Charge-Discharge Capacity

[0060] Each of the fluoride-ion secondary battery cells was subjected to a constant current charge-discharge test at 140° C. Specifically, the constant current charge-discharge test was carried out using a potentio-galvanostat SI 1287/1255B (manufactured by Solartron) under the conditions of a charge and discharge current of 40 pA, a charge end voltage of 1.3 V (vs Pb/PbF.sub.2), and a discharge end voltage of 0.3 V. The cell was placed in a compact environmental test chamber SU261 (manufactured by Espec Corporation) for controlling the temperature of the cell during the charging and discharging and subjected to the constant current charge-discharge test.

[0061] FIG. 4 shows the second cycle charge-discharge curves of the fluoride-ion secondary battery cells of Example 1 and Comparative Example 1. In FIG. 4, the horizontal axis represents capacity per g of the fluoride composite material.

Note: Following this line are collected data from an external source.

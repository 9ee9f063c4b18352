-- ===== src/DhtScan.antt =====
-- bin/dhtscan.rs: listing the nodes of the DHT or of an overlay.
pub mod Net
pub mod Args
pub mod Overlay
pub mod Listing
pub mod Open
pub mod Calm
pub mod Scan
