-- ===== src/DhtScan/Args.antt =====
-- The arguments of bin/dhtscan.rs.
pub mod Laws
use ever_node_tools.Prelude.{
  String, str_eq, Bool, true, false, Option, none, some, List, [], ◌∷◌, if◌then◌else◌,
}

-- the four variables of `main`
pub record Options : Type 0 where
  pub config : Option String
  pub jsonl : Bool
  pub overlay : Bool
  pub workchain0 : Bool

-- the body of the loop
unfoldable pub read_arg : Options → String → Options
read_arg options arg =
    if str_eq arg "--jsonl"
    then record options { jsonl = true }
    else if str_eq arg "--overlay"
    then record options { overlay = true }
    else if str_eq arg "--workchain0"
    then record options { workchain0 = true }
    else record options { config = some arg }

unfoldable pub read_args : Options → List String → Options
unfolding read_arg
read_args options [] = options
read_args options (arg ∷ args) = read_args (read_arg options arg) args

abbrev pub no_options : Options
no_options = record { config = none; jsonl = false; overlay = false; workchain0 = false }
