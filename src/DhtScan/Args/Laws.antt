-- ===== src/DhtScan/Args/Laws.antt =====
-- The arguments of bin/dhtscan.rs by themselves, whatever their order.
use ever_node_tools.Prelude.{
  String, str_eq, ◌≡◌, ◌∙◌, Bool, false, ◌||◌, Option, some, List, [], ◌∷◌, inl, inr, Bool-cases,
  arith, if◌then◌else◌, eq_iff,
}
use ever_node_tools.DhtScan.Args.{Options, read_arg, read_args}

-- The flag stands among the arguments.
abbrev pub given : String → List String → Bool
given flag [] = false
given flag (arg ∷ args) = str_eq arg flag || given flag args

abbrev pub is_flag : String → Bool
is_flag arg = str_eq arg "--jsonl" || str_eq arg "--overlay" || str_eq arg "--workchain0"

-- The last argument that is no flag, or else the path given first.
abbrev pub last_path : Option String → List String → Option String
last_path path [] = path
last_path path (arg ∷ args) = last_path (if is_flag arg then path else some arg) args

-- What one argument does to each variable.
read_arg_lem :
    (o : Options) (arg : String)
    → read_arg o arg ≡ record {
      config = if is_flag arg then o.config else some arg;
      jsonl = o.jsonl || str_eq arg "--jsonl";
      overlay = o.overlay || str_eq arg "--overlay";
      workchain0 = o.workchain0 || str_eq arg "--workchain0";
    }
unfolding read_arg
read_arg_lem o arg = elim (Bool-cases (str_eq arg "--jsonl")) [
  | inl e1 ↦ let same = (eq_iff arg "--jsonl").0 e1 in rw same (ground arith)
  | inr n1 ↦ elim (Bool-cases (str_eq arg "--overlay")) [
    | inl e2 ↦ let same = (eq_iff arg "--overlay").0 e2 in rw same (ground arith)
    | inr n2 ↦ elim (Bool-cases (str_eq arg "--workchain0")) [
      | inl e3 ↦ let same = (eq_iff arg "--workchain0").0 e3 in rw same (ground arith)
      | inr n3 ↦ rw (n1, n2, n3) (ground arith)
    ]
  ]
]

-- Reading the arguments one by one gives the last that is no flag for the path, and every flag that
-- stands anywhere among them.
pub read_args_lem :
    (o : Options) (args : List String)
    → read_args o args ≡ record {
      config = last_path o.config args;
      jsonl = o.jsonl || given "--jsonl" args;
      overlay = o.overlay || given "--overlay" args;
      workchain0 = o.workchain0 || given "--workchain0" args;
    }
unfolding read_args
read_args_lem o [] = ground arith
read_args_lem o (arg ∷ args) =
    read_args_lem (read_arg o arg) args ∙ rw (read_arg_lem o arg) (ground arith)
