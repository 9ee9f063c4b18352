-- ===== src/DhtScan/Net.antt =====
-- What bin/dhtscan.rs calls of the DHT and overlay nodes, and what it prints.
use ever_node_tools.Prelude.{ℕ, String, ◌<>◌, Bool, Option, List}
use ever_node_tools.Prelude.Int.{ℤ}
use ever_node_tools.Outcome.{Result}
use ever_node_tools.Rust.Print.{print_ℕ, print_ℤ}
use ever_node_tools.Json.{Json}
use ever_node_tools.DhtNode.{NodeApi}

pub record Api : Type 1 where
  pub nodes : NodeApi
  pub open nodes use *
  -- equality of nodes' ids, and of keys' ids
  pub same_node : Node → Node → Bool
  pub KeyId : Type 0
  pub key_id : Key → KeyId
  pub same : KeyId → KeyId → Bool
  pub OverlayId : Type 0
  pub overlay_text : OverlayId → String
  pub Ip : Type 0
  pub ip_text : Ip → String
  pub debug_node : Node → String
  -- where a search for overlay nodes goes on
  pub Iter : Type 0
  pub Peer : Type 0
  pub to_string : Json → Result String
  pub to_string_pretty : Json → Result String

-- The lines that are printed.
pub data Line (api : Api) : Type 0 where
  scanning : Line api
  found_overlay : ℕ → api.OverlayId → ℤ → Line api
  found_dht : ℕ → Line api
  overlay_header : api.OverlayId → ℤ → Line api
  overlay_node : api.Ip → api.Node → Line api
  overlay_total : ℕ → Line api
  dht_header : Line api
  dht_node : api.Node → String → Line api
  dht_total : ℕ → Line api
  no_dht : Line api
  failed : String → Line api
  usage : Line api

module _ (api : Api) where
  unfoldable pub text : Line api → String
  text scanning = "Scanning DHT..."
  text (found_overlay n id workchain) =
      "Found "
      <> (print_ℕ n
          <> (" new OVERLAY nodes in "
              <> (api.overlay_text id <> ("(" <> (print_ℤ workchain <> "), searching more...")))))
  text (found_dht n) = "Found " <> (print_ℕ n <> " new DHT nodes, searching more...")
  text (overlay_header id workchain) =
      "---- Found OVERLAY nodes in "
      <> (api.overlay_text id <> ("(" <> (print_ℤ workchain <> "):")))
  text (overlay_node ip node) = "IP " <> (api.ip_text ip <> (": " <> api.debug_node node))
  text (overlay_total n) = "---- Found " <> (print_ℕ n <> " OVERLAY nodes totally")
  text dht_header = "---- Found DHT nodes:"
  text (dht_node node json) = json <> ","
  text (dht_total n) = "Total: " <> (print_ℕ n <> " DHT nodes")
  text no_dht = "---- No DHT nodes found"
  text (failed e) = "DHT scanning error: " <> e
  text usage = "Usage: dhtscan [--jsonl] [--overlay] [--workchain0] <path-to-global-config>"

pub data Event (api : Api) : Type 0 where
  start : Event api
  add_peer : api.Node → Event api
  find_dht_nodes : api.Peer → Event api
  find_overlay_nodes : api.OverlayId → Event api
  get_known_nodes : Event api
  ping : api.KeyId → Result Bool → Event api
  print : Line api → Event api

-- The answers of the network, which may depend on all that was done.
pub record World (api : Api) : Type 0 where
  pub started : List (Event api) → Result (Unit {0})
  pub added : List (Event api) → api.Node → Result (Option api.Peer)
  pub searched : List (Event api) → api.Peer → Result Bool
  pub overlay_id : ℤ → Result api.OverlayId
  -- nodes of an overlay, and where to go on
  pub overlay_nodes :
      List (Event api)
      → api.OverlayId
      → Option api.Iter
      → Result (List (api.Ip × api.Node)) × Option api.Iter
  pub known : List (Event api) → Result (List api.Node)
  pub pinged : List (Event api) → api.KeyId → Result Bool
  -- the order in which a hash map gives its entries
  pub entries : List (api.KeyId × (api.Ip × api.Node)) → List (api.KeyId × (api.Ip × api.Node))
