-- ===== src/Startup/Precedence.antt =====
-- The options of src/main.cpp: what a command line asks for, and the option -i, which getopt is not told of.
use buckey.Common.{
  ℕ, ◌≡◌, refl, sym, ap, ◌∙◌, subst, ◌≢◌, ◌⊎◌, inl, inr, Bool, true, false, not, ◌&&◌, ◌||◌, Option,
  none, List, [], ◌∷◌, arith, ◌==◌, if◌then◌else◌, Bool-cases, Option-cases, All, String,
}
use buckey.Startup.{
  Disk, Getopt, Arg, Options, Machine, main_with, main, read_options, no_options, chosen, refused,
  left, bad_option, option_letters, choose, Choice,
}

-- The letters before a colon have a value.
abbrev pub is_option : ℕ → List ℕ → Bool
is_option c [] = false
is_option c (l ∷ ls) = (c == l && not (c == b':')) || is_option c ls

abbrev pub wants_value : ℕ → List ℕ → Bool
wants_value c [] = false
wants_value c (l ∷ []) = false
wants_value c (l ∷ m ∷ ls) = (c == l && m == b':') || wants_value c (m ∷ ls)

-- What getopt promises: it returns the letter of an option that it was told of, with its value if it
-- wants one, and else a question mark.
pub record IsGetopt (getopt : Getopt) : Type 0 where
  pub known :
      (ls : List ℕ) (a : Arg)
      → is_option a.letter ls ≡ true
      → (wants_value a.letter ls ≡ true → a.value ≢ none)
      → getopt ls a ≡ a.letter
  pub valueless :
      (ls : List ℕ) (a : Arg) → wants_value a.letter ls ≡ true → a.value ≡ none → getopt ls a ≡ b'?'
  pub unknown : (ls : List ℕ) (a : Arg) → is_option a.letter ls ≡ false → getopt ls a ≡ b'?'

abbrev pub given : ℕ → List Arg → Bool
given c [] = false
given c (a ∷ args) = a.letter == c || given c args

-- The letter is that of an option, and it has a value if it wants one.
abbrev pub IsGood : Arg → Type 0
IsGood a =
    (is_option a.letter option_letters ≡ true)
    × (wants_value a.letter option_letters ≡ true → a.value ≢ none)

-- The last command that is given.
abbrev pub last_command : Option String → List Arg → Option String
last_command before [] = before
last_command before (a ∷ args) = last_command (if a.letter == b'c' then a.value else before) args

abbrev pub asked : Options → List Arg → Options
asked o args = record {
  make_daemon = o.make_daemon || given b'd' args;
  show_help = o.show_help || given b'h' args;
  show_version = o.show_version || given b'v' args;
  show_status = o.show_status || given b's' args;
  execute_command = o.execute_command || given b'c' args;
  execute_input = o.execute_input;
  command = last_command o.command args;
}

option-cases :
    (c : ℕ)
    → is_option c option_letters ≡ true
    → (c ≡ b'd') ⊎ (c ≡ b'h') ⊎ (c ≡ b'v') ⊎ (c ≡ b's') ⊎ (c ≡ b'c')
option-cases c h = ground arith

-- The options behind an argument that is good.
abbrev Chooses : ℕ → Option String → List Arg → Options → Type 0
Chooses c v args o =
    (o' : Options) × (choose c v o ≡ chosen o')
    × (asked o (record { letter = c; value = v } ∷ args) ≡ asked o' args)

or-true : (a b : Bool) → (a || (true || b)) ≡ (true || b)
or-true true b = refl
or-true false b = refl

or-false : (a : Bool) → a ≡ (a || false)
or-false true = refl
or-false false = refl

choose-good :
    (c : ℕ) (v : Option String) (args : List Arg) (o : Options)
    → is_option c option_letters ≡ true
    → Chooses c v args o
unfolding choose
choose-good c v args o h = elim (option-cases c h) [
  | inl e ↦
      subst (λ c. Chooses c v args o) (sym e)
        (
          record o { make_daemon = true },
          refl,
          ap (λ t. record (asked o args) { make_daemon = t })
              (or-true o.make_daemon (given b'd' args)),
        )
  | inr (inl e) ↦
      subst (λ c. Chooses c v args o) (sym e)
        (
          record o { show_help = true },
          refl,
          ap (λ t. record (asked o args) { show_help = t }) (or-true o.show_help (given b'h' args)),
        )
  | inr (inr (inl e)) ↦
      subst (λ c. Chooses c v args o) (sym e)
        (
          record o { show_version = true },
          refl,
          ap (λ t. record (asked o args) { show_version = t })
              (or-true o.show_version (given b'v' args)),
        )
  | inr (inr (inr (inl e))) ↦
      subst (λ c. Chooses c v args o) (sym e)
        (
          record o { show_status = true },
          refl,
          ap (λ t. record (asked o args) { show_status = t })
              (or-true o.show_status (given b's' args)),
        )
  | inr (inr (inr (inr e))) ↦
      subst (λ c. Chooses c v args o) (sym e)
        (
          record o { execute_command = true; command = v },
          refl,
          ap (λ t. record (asked (record o { command = v }) args) { execute_command = t })
              (or-true o.execute_command (given b'c' args)),
        )
]

module _ {getopt : Getopt} (lawful : IsGetopt getopt) where
  read_options-good :
      (args : List Arg) (o : Options)
      → All IsGood args
      → read_options getopt args o ≡ chosen (asked o args)
  unfolding read_options
  read_options-good [] o h = λ i. chosen (record {
    make_daemon = or-false o.make_daemon i;
    show_help = or-false o.show_help i;
    show_version = or-false o.show_version i;
    show_status = or-false o.show_status i;
    execute_command = or-false o.execute_command i;
    execute_input = o.execute_input;
    command = o.command;
  })
  read_options-good (a ∷ args) o h =
      let (o', chooses, same) = choose-good a.letter a.value args o h.0.0 in
      let go = λ (c : Choice). elim c as (λ _. Choice) [
        | chosen o' ↦ read_options getopt args o'
        | refused ↦ refused
        | left ↦ left
      ] in
      ap (λ c. go (choose c a.value o)) (lawful.known option_letters a h.0.0 h.0.1)
      ∙ ap go chooses
      ∙ read_options-good args o' h.1
      ∙ ap chosen (sym same)

  -- The answer of getopt is a letter that the program knows, or a question mark.
  choose-not-left :
      (a : Arg) (o : Options)
      → ((o' : Options) × (choose (getopt option_letters a) a.value o ≡ chosen o'))
        ⊎ (choose (getopt option_letters a) a.value o ≡ refused)
  unfolding choose
  choose-not-left a o =
      let Q = λ (c : ℕ).
        ((o' : Options) × (choose c a.value o ≡ chosen o')) ⊎ (choose c a.value o ≡ refused) in
      elim (Bool-cases (is_option a.letter option_letters)) [
        | inr e ↦ subst Q (sym (lawful.unknown option_letters a e)) (inr refl)
        | inl e ↦ elim (Bool-cases (wants_value a.letter option_letters)) [
          | inl w ↦ elim (Option-cases a.value) [
            | inl n ↦ subst Q (sym (lawful.valueless option_letters a w n)) (inr refl)
            | inr (v, n) ↦
                subst Q (sym (lawful.known option_letters a e (λ _ m. absurd (cc)))) (
                  let (o', chooses, same) = choose-good a.letter a.value [] o e in
                  inl (o', chooses))
          ]
          | inr w ↦
              subst Q (sym (lawful.known option_letters a e (λ f. absurd (cc))))
                (let (o', chooses, same) = choose-good a.letter a.value [] o e in inl (o', chooses))
        ]
      ]

  read_options-input :
      (args : List Arg) (o : Options)
      → given b'i' args ≡ true
      → read_options getopt args o ≡ refused
  unfolding read_options choose
  read_options-input [] o h = absurd (cc)
  read_options-input (a ∷ args) o h =
      let go = λ (c : Choice). elim c as (λ _. Choice) [
        | chosen o' ↦ read_options getopt args o'
        | refused ↦ refused
        | left ↦ left
      ] in
      elim (Bool-cases (a.letter == b'i')) [
        | inl e ↦
            let other : is_option a.letter option_letters ≡ false = ground (arith, e) in
            ap (λ c. go (choose c a.value o)) (lawful.unknown option_letters a other)
        | inr e ↦
            let later : given b'i' args ≡ true = subst (λ t. (t || given b'i' args) ≡ true) e h in
            elim (choose-not-left a o) [
              | inl (o', c) ↦ ap go c ∙ read_options-input args o' later
              | inr c ↦ ap go c
            ]
      ]

  module _ (K : Disk) where
    -- If every option is one that getopt is told of, with a value for -c, then main goes by whether each
    -- letter is given, in whatever order and how often, and by the last value of -c, if getopt keeps its
    -- promises.
    pub main-good :
        (default : String) (m : Machine) (args : List Arg) (fs : K.Files)
        → All IsGood args
        → main K getopt default m args fs ≡ main_with K default m (asked no_options args) fs
    unfolding main
    main-good default m args fs h = rw (read_options-good args no_options h, main) refl

    -- A command line with the option -i, which the usage text offers, is refused as one with an unknown
    -- option, whatever else is on it, and no file is touched, if getopt keeps its promises.
    pub main-input_refused :
        (default : String) (m : Machine) (args : List Arg) (fs : K.Files)
        → given b'i' args ≡ true
        → main K getopt default m args fs ≡ (bad_option, fs)
    unfolding main
    main-input_refused default m args fs h = rw (read_options-input args no_options h, main) refl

[0062] FIG. 4 reveals that the charge-discharge capacity of the fluoride-ion secondary battery cell of Example 1 is higher than that of the fluoride-ion secondary battery cell of Comparative Example 1. This is probably because the fluoride-ion conductivity of the positive electrode active material of Example 1 is higher than that of the positive electrode active material of Comparative Example 1 (see FIG. 1).